Никто не суетился, не толкался. Жизнь текла сама собой. С какой-то покорной обреченностью.
Голова еще гудела, и руку саднило, виднелась запекшаяся кровь на рукаве.
Когда я увидела вдалеке Троумеля все в том же цилиндре, вдруг все встало на свои места. И взрывы, и прогулка по Невскому проспекту, и падение. И все из-за него, я отвернулась, не хотела смотреть в его сторону.
«За что мне все эти испытания»?
Я встала, сразу зашуршали пожухлые, пряные листья под ногами.
– Куда вы? – За спиной послышался предупреждающий голос Троумеля.
– Я просто пройдусь… – сказала я, не оборачиваясь.
– Вы же видите, что здесь происходит?
– Вы, кажется, чересчур усердно опекаете меня? Но это всего лишь игра?
– Вам виднее. Но на мне ответственность… – И он отошел куда-то в сторону.

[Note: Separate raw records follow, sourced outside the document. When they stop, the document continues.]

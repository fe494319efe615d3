-- ===== src/Nginx/Sync/Steady.antt =====
-- syncLoadBalancer of proxy/proxies/nginx/nginx.go for a load balancer that is as an earlier sync has
-- left it.
use loadbalancer_controller.Common.{
  ℕ, String, Bool, true, none, some, List, [], ◌∷◌, ◌≡◌, refl, length, map, ◌==◌, string_eq,
}
use loadbalancer_controller.Common.Effects.{reply, ok}
use loadbalancer_controller.Common.GoMap.{deep_equal}
use loadbalancer_controller.Api.{LoadBalancer, Deployment, ConfigMap, Pod, PodStatus}
use loadbalancer_controller.Cluster.{
  Cluster, Library, Routines, HasAggregate, HasDeepCopy, Call, load_balancer, get_config_map,
}
use loadbalancer_controller.LbUtil.{compute_pod_status, calculate_replicas}
use loadbalancer_controller.LbUtil.Copies.{as_load_balancer-deep_copy}
use loadbalancer_controller.LbUtil.Statuses.Order.{HasDistinctNames}
use loadbalancer_controller.Validation.{validate_load_balancer}
use loadbalancer_controller.Listers.{get_lb_cached}
use loadbalancer_controller.RefManager.Claims.{is_held}
use loadbalancer_controller.Workload.{manager}
use loadbalancer_controller.Workload.Held.{get_deployments_for_load_balancer-held}
use loadbalancer_controller.Workload.Loop.{create_if_missing}
use loadbalancer_controller.Workload.Totals.{totals, count_ready, evictions}
use loadbalancer_controller.Nginx.Selector.{Nginx, selector}
use loadbalancer_controller.Nginx.ConfigMaps.{
  default_config, merge, config_map_name, tcp_config_map_name, udp_config_map_name,
  ensure_config_maps,
}
use loadbalancer_controller.Nginx.Generate.{generate_deployment}
use loadbalancer_controller.Nginx.Status.{proxy_status}
use loadbalancer_controller.Nginx.Status.Settled.{sync_status-again}
use loadbalancer_controller.Nginx.Sync.{finish, sync, sync_load_balancer}
use loadbalancer_controller.Workload.Stored.{stored}
use loadbalancer_controller.Nginx.Sync.Generated.{sync_loop-generated}
use mathlib.Core.List.{Perm}

-- The three config maps are there, and the first holds the merged configuration.
pub record HasConfigMaps (C : Cluster) (lb : LoadBalancer) : Type 0 where
  pub config : ConfigMap
  pub tcp : ConfigMap
  pub udp : ConfigMap
  pub config_there :
      (h : List Call) → C.live_config_map h lb.namespace (config_map_name lb.name) ≡ reply config
  pub config_merged :
      deep_equal config.contents (merge (some default_config) lb.spec.proxy.config) ≡ true
  pub tcp_there :
      (h : List Call) → C.live_config_map h lb.namespace (tcp_config_map_name lb.name) ≡ reply tcp
  pub udp_there :
      (h : List Call) → C.live_config_map h lb.namespace (udp_config_map_name lb.name) ≡ reply udp

-- The status is that of the deployment and of these pods, in any order.
pub record HasStatus (C : Cluster) (lb : LoadBalancer) (active : Deployment) (pods : List Pod)
    : Type 0 where
  pub earlier : List PodStatus
  pub pods_listed : (h : List Call) → C.cached_pods h (selector lb) ≡ reply pods
  pub distinct_before : HasDistinctNames earlier
  pub distinct_now : HasDistinctNames (map compute_pod_status pods)
  pub same_pods : Perm earlier (map compute_pod_status pods)
  pub written :
      lb.status.proxy_status
      ≡ proxy_status lb active
          (totals (calculate_replicas lb).0 (length pods) (count_ready pods) earlier)

-- The requests for the config maps.
abbrev pub config_reads : LoadBalancer → List Call → List Call
config_reads lb h =
    get_config_map lb.namespace (udp_config_map_name lb.name)
    ∷ get_config_map lb.namespace (tcp_config_map_name lb.name)
    ∷ get_config_map lb.namespace (config_map_name lb.name)
    ∷ h

module _ (C : Cluster) (lb : LoadBalancer) (M : HasConfigMaps C lb) where
  ensure_config_maps-there :
      (h : List Call) → ensure_config_maps C lb h ≡ (ok tt, config_reads lb h)
  unfolding ensure_config_maps merge
  ensure_config_maps-there h = rw (M.config_there, M.config_merged, M.tcp_there, M.udp_there) refl

module _ (C : Cluster) (L : Library) (A : HasAggregate L) (D : HasDeepCopy L) (R : Routines)
    (is_ip : String → Bool) (f : Nginx) (keys : List String) where
  module _ (lb : LoadBalancer) (r : ℕ → ℕ) (namespace uid resource_version : String)
      (pods : List Pod) (M : HasConfigMaps C lb)
      (S : HasStatus C lb
        (stored namespace uid resource_version (generate_deployment f r keys lb))
        pods) where
    abbrev pub kept : Deployment
    kept = stored namespace uid resource_version (generate_deployment f r keys lb)

    kept-replicas : kept.replicas ≡ some (calculate_replicas lb).0
    unfolding generate_deployment
    kept-replicas = refl

    finish-steady :
        (desired : Deployment) (h : List Call)
        → finish C L R is_ip f keys lb desired (true, kept) h
          ≡ (ok tt, evictions lb pods (config_reads lb h))
    unfolding finish create_if_missing
    finish-steady desired h =
        rw
          (
            ensure_config_maps-there C lb M h,
            sync_status-again C R lb kept pods S.earlier (calculate_replicas lb).0
                (config_reads lb h) kept-replicas (S.pods_listed _) S.distinct_before S.distinct_now
                S.same_pods S.written,
          )
          refl

    sync-steady :
        (h : List Call)
        → sync C L R is_ip f keys lb (kept ∷ []) h ≡ (ok tt, evictions lb pods (config_reads lb h))
    unfolding sync
    sync-steady h =
        rw (sync_loop-generated L D f keys lb C r (C.int63 h) namespace uid resource_version _ h)
          (finish-steady (generate_deployment f (C.int63 h) keys lb) h)

    -- A sync of a valid load balancer that the lister has, not being deleted, whose one deployment is
    -- what an earlier sync has generated for it, held by it and matched by the selector, whose
    -- config maps are there with the merged configuration, and whose status is that of its pods,
    -- writes nothing: it makes no call but the three that read the config maps and the deletions of
    -- the misplaced pods.
    pub sync_load_balancer-steady :
        (item : LoadBalancer) (h : List Call)
        → validate_load_balancer is_ip item ≡ none
        → get_lb_cached C L h item.namespace item.name ≡ reply lb
        → (item.uid == lb.uid) ≡ true
        → lb.deletion_timestamp ≡ none
        → C.cached_deployments h lb.namespace (selector lb) ≡ reply (kept ∷ [])
        → is_held L (manager C L R lb (selector lb)) (λ (d : Deployment). d.meta) kept ≡ true
        → sync_load_balancer C L R is_ip f keys (load_balancer item) h
          ≡ (ok tt, evictions lb pods (config_reads lb h))
    unfolding sync_load_balancer
    sync_load_balancer-steady item h valid found same alive listed held =
        rw
          (
            valid,
            found,
            same,
            as_load_balancer-deep_copy L D lb,
            get_deployments_for_load_balancer-held C L A R lb (selector lb) kept h listed held,
            alive,
          )
          (sync-steady h)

«Вот и хорошо, – подумала я, – устала уже от его нудных нравоучений».
Пошла вдоль поезда. Рабочие сцепщики в промасленных робах проверяли вагоны, подгоняли буфера. Пахло мазутом, пар плевал в лицо. Меня догнал чей-то голос.
– Вас где-то зацепило. Я вас перевяжу. Простая царапина.
Я обернулась. Увидела очень интересного мужчину. В белом халате с красным крестом на рукаве.
– Как вы попали сюда? – Его узкие губы расплылись в улыбке.
Очень приятное лицо, располагает. Светлая шевелюра спадает на лоб.
– Сама не знаю. – Ответила я, тоже в ответ улыбнувшись. – А вы давно здесь?
– Почти с начала войны. Здесь в Минской губернии меня все зовут Ян.
– А меня Мелания.
– Транспортируем раненых в Москву и обратно.
У него были точно такие же серо-зеленые глаза как у меня. И светлые волосы. Я вскользь рассматривала его, пока он перевязывал мне руку.
– Вы где-то учились здесь?
– Окончил пока только фельдшерские курсы. Но, надеюсь, что все впереди.
У нас не хватает людей. Раненые все прибывают. Особенно химические, после атаки. Может, слышали?
– Слышала. Но я не оканчивала медицинских курсов.
– К нам идут без образования. Вот, певец один и актер есть санитарами.
– Я с радостью.
– Тогда идите к вагону № 5, там вам выдадут все необходимое. Ваша рука скоро заживет.
– Спасибо. Благодарю вас, Ян.
Лишь только Ян отошел, и я хотела идти к пятому вагону, дорогу мне перегородил Троумель.
– Это невозможно.
– Послушайте, Троумель, он просит меня остаться. Просит помочь.
– Я не могу вас отпустить. Я отвечаю за вас. Мы должны вернуться.
– Он сказал: им не хватает людей.
– Не переживайте. Только что, к вагону № 5 прошли две гимназистки или курсистки. Понимаете, это все надолго.
– Пустите меня.
– Это ваш дед.
– Мой дед? – Я посмотрела в ту сторону, куда ушел Ян.
– Сердцеед, любимец женщин, к тому же врач. Видите, он помогает раненым.